The following options only have an effect on the initial clone of a repository:

  ``hgsubversion.layout``

    Set the layout of the repository. ``standard`` assumes a normal
    trunk/branches/tags layout. ``single`` means that the entire
    repository is converted into a single branch. The default,
    ``auto``, causes hgsubversion to assume a standard layout if any
    of trunk, branches, or tags exist within the specified directory
    on the server.

  ``hgsubversion.startrev``

    Convert Subversion revisions starting at the one specified, either an
    integer revision or ``HEAD``; ``HEAD`` causes only the latest revision to be
    pulled. The default is to pull everything.

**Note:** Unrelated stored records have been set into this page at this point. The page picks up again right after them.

-- ===== src/Wal/Entries.antt =====
-- `decodeWriteEntry` of internal/wal/wal.go against the payload that its comment lays down.
use tsm2arc.Prelude.{
  ℕ, zero, suc, ◌^◌, ◌≤◌, ◌<◌, List, [], ◌∷◌, ◌++◌, Bool, true, false, some, ltb, if◌then◌else◌,
  length, length-append, take-length-append, drop-length-append, Bytes, ◌≡◌, refl, sym, ap, ◌∙◌,
  arith, All, append_assoc,
}
use tsm2arc.Prelude.Int64.{ℤ, uint64, IsInt64, int64-uint64, uint64-lt}
use tsm2arc.Tsm.{Value}
use tsm2arc.Tsm.Binary.{put_big_endian, big_endian-put, length-put_big_endian}
use tsm2arc.Tsm.Block.{float_value, integer_value, boolean_value, string_value}
use tsm2arc.Wal.{
  done, read_bytes, read_number, read_string, read_value, read_values, read_key, raw_unsigned_value,
  deliver, write_entry_loop, decode_write_entry,
}

pub read_bytes-append : (s rest : Bytes) → read_bytes (length s) (s ++ rest) ≡ some (s, rest)
unfolding read_bytes
read_bytes-append s rest =
    let enough : ltb (length (s ++ rest)) (length s) ≡ false =
      (let n = length-append s rest in ground arith) in
    rw (enough, take-length-append s rest, drop-length-append s rest) refl

pub read_bytes_put :
    (n v : ℕ) (rest : Bytes)
    → read_bytes n (put_big_endian n v ++ rest) ≡ some (put_big_endian n v, rest)
read_bytes_put n v rest =
    ap (λ (k : ℕ). read_bytes k (put_big_endian n v ++ rest)) (sym (length-put_big_endian n v))
    ∙ read_bytes-append (put_big_endian n v) rest

pub read_number-put :
    (n v : ℕ) (rest : Bytes)
    → v < 256 ^ n
    → read_number n (put_big_endian n v ++ rest) ≡ some (v, rest)
unfolding read_number
read_number-put n v rest h = rw (read_bytes_put n v rest, big_endian-put n v h) refl

-- A value without its timestamp.
pub data Raw : Type 0 where
  raw_float raw_unsigned : ℕ → Raw
  raw_integer : ℤ → Raw
  raw_boolean : Bool → Raw
  raw_string : Bytes → Raw

abbrev pub raw_type : Raw → ℕ
raw_type (raw_float v) = 1
raw_type (raw_integer v) = 2
raw_type (raw_boolean v) = 3
raw_type (raw_string v) = 4
raw_type (raw_unsigned v) = 5

abbrev pub raw_value : ℤ → Raw → Value
raw_value t (raw_float v) = float_value t v
raw_value t (raw_integer v) = integer_value t v
raw_value t (raw_boolean v) = boolean_value t v
raw_value t (raw_string v) = string_value t v
raw_value t (raw_unsigned v) = raw_unsigned_value t v

abbrev pub put_raw : Raw → Bytes
put_raw (raw_float v) = put_big_endian 8 v
put_raw (raw_integer v) = put_big_endian 8 (uint64 v)
put_raw (raw_boolean v) = put_big_endian 1 (if v then 1 else 0)
put_raw (raw_string v) = put_big_endian 4 (length v) ++ v
put_raw (raw_unsigned v) = put_big_endian 8 v

-- The value fits its field.
abbrev pub RawFits : Raw → Type 0
RawFits (raw_float v) = v < 2 ^ 64
RawFits (raw_integer v) = IsInt64 v
RawFits (raw_boolean v) = Unit {0}
RawFits (raw_string v) = length v < 2 ^ 32
RawFits (raw_unsigned v) = v < 2 ^ 64

read_string-put :
    (s rest : Bytes)
    → length s < 2 ^ 32
    → read_string (put_big_endian 4 (length s) ++ (s ++ rest)) ≡ some (s, rest)
unfolding read_string
read_string-put s rest h =
    rw (read_number-put 4 (length s) (s ++ rest) h, read_bytes-append s rest) refl

read_value-put :
    (t : ℤ) (r : Raw) (rest : Bytes)
    → RawFits r
    → read_value (raw_type r) t (put_raw r ++ rest) ≡ some (raw_value t r, rest)
unfolding read_value
read_value-put t (raw_float v) rest h = rw (read_number-put 8 v rest h) refl
read_value-put t (raw_integer v) rest h =
    rw (read_number-put 8 (uint64 v) rest (uint64-lt v), int64-uint64 v h) refl
read_value-put t (raw_boolean true) rest h = rw (read_number-put 1 1 rest (omega arith)) refl
read_value-put t (raw_boolean false) rest h = rw (read_number-put 1 0 rest (omega arith)) refl
read_value-put t (raw_string v) rest h =
    rw (append_assoc (put_big_endian 4 (length v)) v rest, read_string-put v rest h) refl
read_value-put t (raw_unsigned v) rest h = rw (read_number-put 8 v rest h) refl

abbrev pub put_values : List (ℤ × Raw) → Bytes
put_values [] = []
put_values ((t, r) ∷ vs) = put_big_endian 8 (uint64 t) ++ (put_raw r ++ put_values vs)

-- A timestamp and a value of the type that the key declares.
abbrev pub ValueFits : ℕ → ℤ × Raw → Type 0
ValueFits type (t, r) = IsInt64 t × (raw_type r ≡ type) × RawFits r

abbrev pub values_of : List (ℤ × Raw) → List Value
values_of [] = []
values_of ((t, r) ∷ vs) = raw_value t r ∷ values_of vs

read_values-put :
    (type : ℕ) (vs : List (ℤ × Raw)) (rest : Bytes)
    → All (ValueFits type) vs
    → read_values (length vs) type (put_values vs ++ rest) ≡ some (values_of vs, rest)
unfolding read_values
read_values-put type [] rest h = refl
read_values-put type ((t, r) ∷ vs) rest ((ht, e, hr), h) =
    rw
      (
        append_assoc (put_big_endian 8 (uint64 t)) (put_raw r ++ put_values vs) rest,
        append_assoc (put_raw r) (put_values vs) rest,
        read_number-put 8 (uint64 t) (put_raw r ++ (put_values vs ++ rest)) (uint64-lt t),
        int64-uint64 t ht,
      )
      (rw (← e) (
        rw (read_value-put t r (put_values vs ++ rest) hr)
          (rw (e, read_values-put type vs rest h) refl)))

-- What a write entry holds of one key.
pub record Batch : Type 0 where
  pub type : ℕ
  pub key : Bytes
  pub points : List (ℤ × Raw)

pub record BatchFits (b : Batch) : Type 0 where
  pub type_fits : b.type < 256
  pub key_fits : length b.key < 2 ^ 16
  pub count_fits : length b.points < 2 ^ 32
  pub points_fit : All (ValueFits b.type) b.points

abbrev pub put_batch : Batch → Bytes
put_batch b =
    put_big_endian 1 b.type
    ++ (put_big_endian 2 (length b.key)
        ++ (b.key ++ (put_big_endian 4 (length b.points) ++ put_values b.points)))

abbrev pub put_batches : List Batch → Bytes
put_batches [] = []
put_batches (b ∷ bs) = put_batch b ++ put_batches bs

abbrev pub delivered : List Batch → List (Bytes × List Value)
delivered [] = []
delivered (b ∷ bs) = (b.key, values_of b.points) ∷ delivered bs

read_key-put :
    (b : Batch) (rest : Bytes)
    → BatchFits b
    → read_key (put_batch b ++ rest) ≡ some ((b.key, values_of b.points), rest)
unfolding read_key
read_key-put b rest h =
    let n = put_big_endian 4 (length b.points) in
    let regroup : put_batch b ++ rest
        ≡ put_big_endian 1 b.type
          ++ (put_big_endian 2 (length b.key) ++ (b.key ++ (n ++ (put_values b.points ++ rest)))) =
      simp append_assoc in
    rw regroup (
      rw
        (
          read_number-put 1 b.type _ h.type_fits,
          read_number-put 2 (length b.key) _ h.key_fits,
          read_bytes-append b.key (n ++ (put_values b.points ++ rest)),
          read_number-put 4 (length b.points) (put_values b.points ++ rest) h.count_fits,
          read_values-put b.type b.points rest h.points_fit,
        )
        refl)

length-put_batch : (b : Batch) (rest : Bytes) → length rest < length (put_batch b ++ rest)
length-put_batch b rest = omega (
  arith,
  length-append (put_batch b) rest,
  length-append (put_big_endian 1 b.type) (
      put_big_endian 2 (length b.key)
      ++ (b.key ++ (put_big_endian 4 (length b.points) ++ put_values b.points))),
  length-put_big_endian 1 b.type,
)

-- One round on data that is not empty.
write_entry_loop_round :
    (fuel : ℕ) (b rest : Bytes) (d : Bytes × List Value)
    → 0 < length b
    → read_key b ≡ some (d, rest)
    → write_entry_loop (suc fuel) b ≡ deliver d (write_entry_loop fuel rest)
unfolding write_entry_loop
write_entry_loop_round fuel [] rest d hl h = absurd (omega arith)
write_entry_loop_round fuel (c ∷ b) rest d hl h = rw (h, write_entry_loop) refl

write_entry_loop-put :
    (bs : List Batch) (fuel : ℕ)
    → All BatchFits bs
    → length (put_batches bs) ≤ fuel
    → write_entry_loop fuel (put_batches bs) ≡ (delivered bs, done)
write_entry_loop-put [] fuel h hf = unfold write_entry_loop in refl
write_entry_loop-put (b ∷ bs) zero h hf =
    absurd (omega (arith, length-put_batch b (put_batches bs)))
write_entry_loop-put (b ∷ bs) (suc fuel) (hb, h) hf =
    let n = length-put_batch b (put_batches bs) in
    write_entry_loop_round fuel (put_batch b ++ put_batches bs) (put_batches bs)
      (b.key, values_of b.points) (omega arith) (read_key-put b (put_batches bs) hb)
    ∙ rw (write_entry_loop-put bs fuel h (omega arith)) refl

-- A write entry of any keys, each with values of the type that it declares, is read back: `fn` gets
-- each key with its values, in order, and no error ends the reading.
pub decode_write_entry-put_batches :
    (bs : List Batch)
    → All BatchFits bs
    → decode_write_entry (put_batches bs) ≡ (delivered bs, done)
unfolding decode_write_entry
decode_write_entry-put_batches bs h =
    write_entry_loop-put bs (length (put_batches bs)) h (omega arith)
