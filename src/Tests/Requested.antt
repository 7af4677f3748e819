-- ===== src/Tests/Requested.antt =====
-- A request of the agent over a kernel that grants each call and hands it to the host.
use vm_authn_scope.Prelude.{◌≡◌, ◌↔◌, refl, arith, true, [], ℕ_discrete, text_dec}
use vm_authn_scope.Prelude.Result.{ok}
use vm_authn_scope.Prelude.Text.{lit}
use vm_authn_scope.Prelude.Dict.{lookup}
use vm_authn_scope.Proto.Wire.{cert_request}
use vm_authn_scope.Proto.Codec.{
  send_json, write_all, to_be_bytes, from_be_bytes, recv_json, read_exact,
}
use vm_authn_scope.Ca.Authority.{rcgen_cert, key_pair}
use vm_authn_scope.Ca.Signing.{sign_csr}
use vm_authn_scope.Server.Handler.{handle_connection}
use vm_authn_scope.Server.Handler.Answer.{answer}
use vm_authn_scope.Server.Handler.Answer.Authorised.{Authorised}
use vm_authn_scope.Server.Policy.{resolve, ttl_seconds}
use vm_authn_scope.Agent.Csr.{GeneratedCsr, csr_params, generate_csr}
use vm_authn_scope.Agent.Dial.{connect_with_local_port, host_cid}
use vm_authn_scope.Agent.Dial.Granted.{Granted}
use vm_authn_scope.Agent.Exchange.{exchange, bind_listener}
use vm_authn_scope.Agent.Exchange.Hosted.{host, Carries}
use vm_authn_scope.Agent.Request.{request_cert_on_demand, World, X509Credentials, AgentState}
use vm_authn_scope.Agent.Request.Hosted.{Wired}
use vm_authn_scope.Agent.Request.Served.{request_iff}
use vm_authn_scope.Tests.World.{
  rcgen, made, vm_a, web, world, request_json, response_json, io_text, agent_config,
}
use vm_authn_scope.Tests.Server.{host_config, wired}

abbrev hosted : World rcgen
hosted = record world { kernel = wired }

abbrev idle : AgentState
idle = record { cache = []; listening = true; workloads = []; trace = [] }

abbrev signing : GeneratedCsr
signing = record { key_pem = lit "key"; csr_pem = web }

abbrev served : X509Credentials
served = record { cert_pem = web; key_pem = lit "key"; ca_cert_pem = made.cert_pem }

grants : Granted hosted.kernel
grants = record {
  socket = λ t. (3, refl);
  binds = λ t. refl;
  connects = λ t. refl;
  registers = λ t. refl;
  listens = λ t. refl;
}

asked : Carries request_json (cert_request 1 vm_a web web) web
asked = record { encodes = refl; decodes = refl; small = omega arith }

answered :
    Carries response_json
      (answer rcgen io_text host_config made 100 3 (cert_request 1 vm_a web web))
      web
unfolding answer ℕ_discrete resolve lookup text_dec sign_csr rcgen_cert
answered = record { encodes = refl; decodes = refl; small = omega arith }

connected : Wired rcgen hosted agent_config host_config made 100 3 1000 web
connected = record { wide = λ t. omega arith; hands = λ fd t. refl }

request_iff_example :
    ((request_cert_on_demand rcgen hosted agent_config web idle).0 ≡ ok served) ↔ (
      Authorised rcgen io_text host_config made 100 3 (cert_request 1 vm_a web web) web
      × (made.cert_pem ≡ made.cert_pem)
      × (lit "key" ≡ lit "key"))
unfolding generate_csr
request_iff_example =
    request_iff rcgen hosted agent_config host_config made 100 3 1000 web idle signing served web
      web grants refl asked answered (omega arith) connected

-- The request returns the credentials.
obtained : (request_cert_on_demand rcgen hosted agent_config web idle).0 ≡ ok served
unfolding generate_csr csr_params request_cert_on_demand connect_with_local_port host_cid exchange
    bind_listener send_json write_all to_be_bytes recv_json read_exact host handle_connection
    from_be_bytes ℕ_discrete resolve lookup text_dec sign_csr rcgen_cert key_pair ttl_seconds
obtained = refl
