-- ===== src/Workload/Rotation.antt =====
-- What a client has in memory while it rotates its credentials.
use vm_authn_scope.Prelude.{
  ◌≡◌, ◌↔◌, refl, inl, inr, ap, sym, ◌∙◌, Option, none, some, List, [], ◌∷◌, ◌++◌, All,
}
use vm_authn_scope.Prelude.Result.{ok, err, Result-cases}
use vm_authn_scope.Prelude.Errors.{Error}
use vm_authn_scope.Proto.Codec.{Json}
use vm_authn_scope.Agent.Request.{X509Credentials}
use vm_authn_scope.Agent.Conn.{WorkloadRequest, WorkloadResponse}
use vm_authn_scope.Workload.{
  WorkloadClient, Round, fetch_credentials, fetch_round, rotate, rotation_loop, current_credentials,
}

module _ (request_json : Json WorkloadRequest) (response_json : Json WorkloadResponse) where
  abbrev pub Fails : WorkloadClient → Round → Type 0
  Fails client round = (e : Error) × (fetch_round request_json response_json client round ≡ err e)

  -- What a round gets does not depend on what the client has.
  fetch_round-cached :
      (client : WorkloadClient) (o : Option X509Credentials) (round : Round)
      → fetch_round request_json response_json (record client { cached = o }) round
        ≡ fetch_round request_json response_json client round
  unfolding fetch_round fetch_credentials
  fetch_round-cached client o round = refl

  All-Fails-cached :
      (client : WorkloadClient) (o : Option X509Credentials) (rounds : List Round)
      → All (Fails client) rounds ↔ All (Fails (record client { cached = o })) rounds
  unfolding fetch_round fetch_credentials
  All-Fails-cached client o rounds = (λ h. h, λ h. h)

  -- One round.
  loop_ok :
      (client : WorkloadClient) (round : Round) (rounds : List Round) (creds : X509Credentials)
      → fetch_round request_json response_json client round ≡ ok creds
      → rotation_loop request_json response_json (round ∷ rounds) client
        ≡ rotation_loop request_json response_json rounds (record client { cached = some creds })
  unfolding rotation_loop rotate
  loop_ok client round rounds creds gets = rw (gets, rotation_loop) refl

  loop_err :
      (client : WorkloadClient) (round : Round) (rounds : List Round) (e : Error)
      → fetch_round request_json response_json client round ≡ err e
      → rotation_loop request_json response_json (round ∷ rounds) client
        ≡ rotation_loop request_json response_json rounds client
  unfolding rotation_loop rotate
  loop_err client round rounds e fails = rw (fails, rotation_loop) refl

  loop-Fails :
      (client : WorkloadClient) (rounds : List Round)
      → All (Fails client) rounds
      → rotation_loop request_json response_json rounds client ≡ client
  unfolding rotation_loop
  loop-Fails client [] h = refl
  loop-Fails client (round ∷ rounds) ((e, fails), h) =
      loop_err client round rounds e fails ∙ loop-Fails client rounds h

  loop_gets :
      (client : WorkloadClient) (before after : List Round) (round : Round)
      (creds : X509Credentials)
      → fetch_round request_json response_json client round ≡ ok creds
      → All (Fails client) after
      → rotation_loop request_json response_json (before ++ round ∷ after) client
        ≡ record client { cached = some creds }
  loop_gets client [] after round creds gets fails =
      loop_ok client round after creds gets
      ∙ loop-Fails (record client { cached = some creds }) after
          ((All-Fails-cached client (some creds) after).0 fails)
  loop_gets client (r ∷ before) after round creds gets fails =
      elim (Result-cases (fetch_round request_json response_json client r)) [
        | inl (c, got) ↦
            loop_ok client r (before ++ round ∷ after) c got
            ∙ loop_gets (record client { cached = some c }) before after round creds
                (fetch_round-cached client (some c) round ∙ gets)
                ((All-Fails-cached client (some c) after).0 fails)
        | inr (e, failed) ↦
            loop_err client r (before ++ round ∷ after) e failed
            ∙ loop_gets client before after round creds gets fails
      ]

  -- After any rounds of the rotation loop, a round that fetches credentials and rounds that
  -- fail, the client's current credentials are those that were fetched.
  pub rotation_loop-latest :
      (client : WorkloadClient) (before after : List Round) (round : Round)
      (creds : X509Credentials)
      → fetch_round request_json response_json client round ≡ ok creds
      → All (Fails client) after
      → current_credentials
          (rotation_loop request_json response_json (before ++ round ∷ after) client)
        ≡ some creds
  unfolding current_credentials
  rotation_loop-latest client before after round creds gets fails =
      ap (λ (c : WorkloadClient). c.cached) (loop_gets client before after round creds gets fails)

  none-Fails :
      (client : WorkloadClient) (rounds : List Round)
      → (rotation_loop request_json response_json rounds client).cached ≡ none
      → (client.cached ≡ none) × All (Fails client) rounds
  unfolding rotation_loop
  none-Fails client [] h = (h, tt)
  none-Fails client (round ∷ rounds) h =
      elim (Result-cases (fetch_round request_json response_json client round)) [
        | inl (c, got) ↦
            let (filled, later) =
              none-Fails (record client { cached = some c }) rounds
                (sym (ap (λ (x : WorkloadClient). x.cached) (loop_ok client round rounds c got))
                  ∙ h) in
            absurd (cc (filled))
        | inr (e, failed) ↦
            let (empty, later) = none-Fails client rounds (
              sym (ap (λ (x : WorkloadClient). x.cached) (loop_err client round rounds e failed))
              ∙ h) in
            (empty, ((e, failed), later))
      ]

  -- The client is without credentials after some rounds of the rotation loop exactly if it
  -- was before and every round failed: from the first round that fetches credentials on, it
  -- always has some.
  pub rotation_loop-none :
      (client : WorkloadClient) (rounds : List Round)
      → (current_credentials (rotation_loop request_json response_json rounds client) ≡ none)
        ↔ ((current_credentials client ≡ none) × All (Fails client) rounds)
  unfolding current_credentials
  rotation_loop-none client rounds = (
    none-Fails client rounds,
    λ (empty, fails).
        ap (λ (c : WorkloadClient). c.cached) (loop-Fails client rounds fails) ∙ empty,
  )
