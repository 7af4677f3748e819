-- ===== src/Tests/Rotation.antt =====
-- The client's rotation and the test workload at concrete inputs.
use vm_authn_scope.Prelude.{◌≡◌, ◌↔◌, refl, none, some, [], ◌∷◌, All, text_dec, ℕ_discrete}
use vm_authn_scope.Prelude.Result.{ok, err}
use vm_authn_scope.Prelude.Text.{lit}
use vm_authn_scope.Prelude.Utf8.{is_utf8}
use vm_authn_scope.Prelude.Errors.{not_found}
use vm_authn_scope.Proto.Codec.{write_all}
use vm_authn_scope.Ca.Files.{Fs}
use vm_authn_scope.Ca.Authority.Stored.{content_of}
use vm_authn_scope.Agent.Conn.{WorkloadRequest, WorkloadResponse, success, read_line}
use vm_authn_scope.Proto.Codec.{Json}
use vm_authn_scope.Agent.Request.{X509Credentials}
use vm_authn_scope.Workload.{
  WorkloadClient, Round, new_client, fetch_credentials, fetch_round, rotation_loop,
  current_credentials,
}
use vm_authn_scope.Workload.Rotation.{Fails, rotation_loop-latest, rotation_loop-none}
use vm_authn_scope.TestWorkload.{passed_path, socket_path, has_flag, main}
use vm_authn_scope.TestWorkload.Passed.{Rotates, main_rotation_iff}
use vm_authn_scope.Tests.World.{empty_stream}
use vm_authn_scope.Tests.Workload.{around}

abbrev request_json : Json WorkloadRequest
request_json = around.request_json

-- The response's line is the certificate.
abbrev response_json : Json WorkloadResponse
response_json = record {
  to_vec = λ resp. ok [];
  from_slice = λ line.
      ok (success (record { cert_pem = line; key_pem = lit "key"; ca_cert_pem = lit "ca" }));
}

abbrev served : Round
served = record { connected = ok tt; stream = empty_stream; peer = λ bytes. lit "a\n" }

abbrev served_next : Round
served_next = record { connected = ok tt; stream = empty_stream; peer = λ bytes. lit "b\n" }

abbrev refused : Round
refused = record { connected = err not_found; stream = empty_stream; peer = λ bytes. [] }

abbrev client : WorkloadClient
client = new_client (lit "/run/s")

abbrev second : X509Credentials
second = record { cert_pem = lit "b\n"; key_pem = lit "key"; ca_cert_pem = lit "ca" }

refused-Fails : Fails request_json response_json client refused
unfolding fetch_round fetch_credentials
refused-Fails = (_, refl)

rotation_loop-latest_example :
    current_credentials (
      rotation_loop request_json response_json
        (served ∷ refused ∷ served_next ∷ refused ∷ [])
        client)
    ≡ some second
unfolding fetch_round fetch_credentials write_all is_utf8 ℕ_discrete read_line
rotation_loop-latest_example =
    rotation_loop-latest request_json response_json client (served ∷ refused ∷ []) (refused ∷ [])
      served_next second refl (refused-Fails, tt)

rotation_loop-none_example :
    (current_credentials (rotation_loop request_json response_json (refused ∷ []) client) ≡ none)
    ↔ ((current_credentials client ≡ none)
        × All (Fails request_json response_json client) (refused ∷ []))
rotation_loop-none_example = rotation_loop-none request_json response_json client (refused ∷ [])

abbrev tmp_fs : Fs
tmp_fs = record {
  file = λ path. none;
  refuses = λ call. none;
  new_mode = 0o644;
  socket_mode = 0o755;
}

main_rotation_iff_example :
    let (r, fs') =
      main request_json response_json
        (lit "test" ∷ lit "/run/s" ∷ lit "--test-rotation" ∷ [])
        (some (lit "al"))
        served
        served_next
        tmp_fs in
    ((r ≡ ok tt) × (content_of (fs'.file passed_path) ≡ some (lit "1")))
    ↔ Rotates
        (fetch_round request_json response_json client served)
        (fetch_round request_json response_json client served_next)
unfolding socket_path has_flag text_dec ℕ_discrete
main_rotation_iff_example =
    main_rotation_iff request_json response_json
      (lit "test" ∷ lit "/run/s" ∷ lit "--test-rotation" ∷ []) (some (lit "al")) served served_next
      tmp_fs refl (λ path. refl)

  ``hgsubversion.tagpaths``

    Specifies one or more paths in the Subversion repository that
    contain tags. The default is to only look in ``tags``. This option has no
    effect for single-directory clones.

  ``hgsubversion.unsafeskip``

    A space or comma separated list of Subversion revision numbers to
    skip over when pulling or cloning.  This can be useful for
    troublesome commits, such as someone accidentally deleting trunk
    and then restoring it.  (In delete-and-restore cases, you may also
    need to clone or pull in multiple steps, to help hgsubversion
    track history correctly.)

    NOTE: this option is dangerous.  Careless use can make it
    impossible to pull later Subversion revisions cleanly, e.g. if the
    content of a file depends on changes made in a skipped rev.
    Skipping a rev may also prevent future invocations of ``hg svn
    verify`` from succeeding (if the contents of the Mercurial repo
    become out of step with the contents of the Subversion repo).  If
    you use this option, be sure to carefully check the result of a
    pull afterwards.

Please note that some of these options may be specified as command line options
as well, and when done so, will override the configuration. If an authormap,
filemap or branchmap is specified, its contents will be read and stored for use
in future pulls.

Finally, the following environment variables can be used for testing a
deployment of hgsubversion:

  ``HGSUBVERSION_BINDINGS``

    By default, hgsubversion will use Subvertpy, but fall back to the SWIG
    bindings. Set this variable to either ``SWIG`` or ``Subvertpy`` (case-
    insensitive) to force that set of bindings.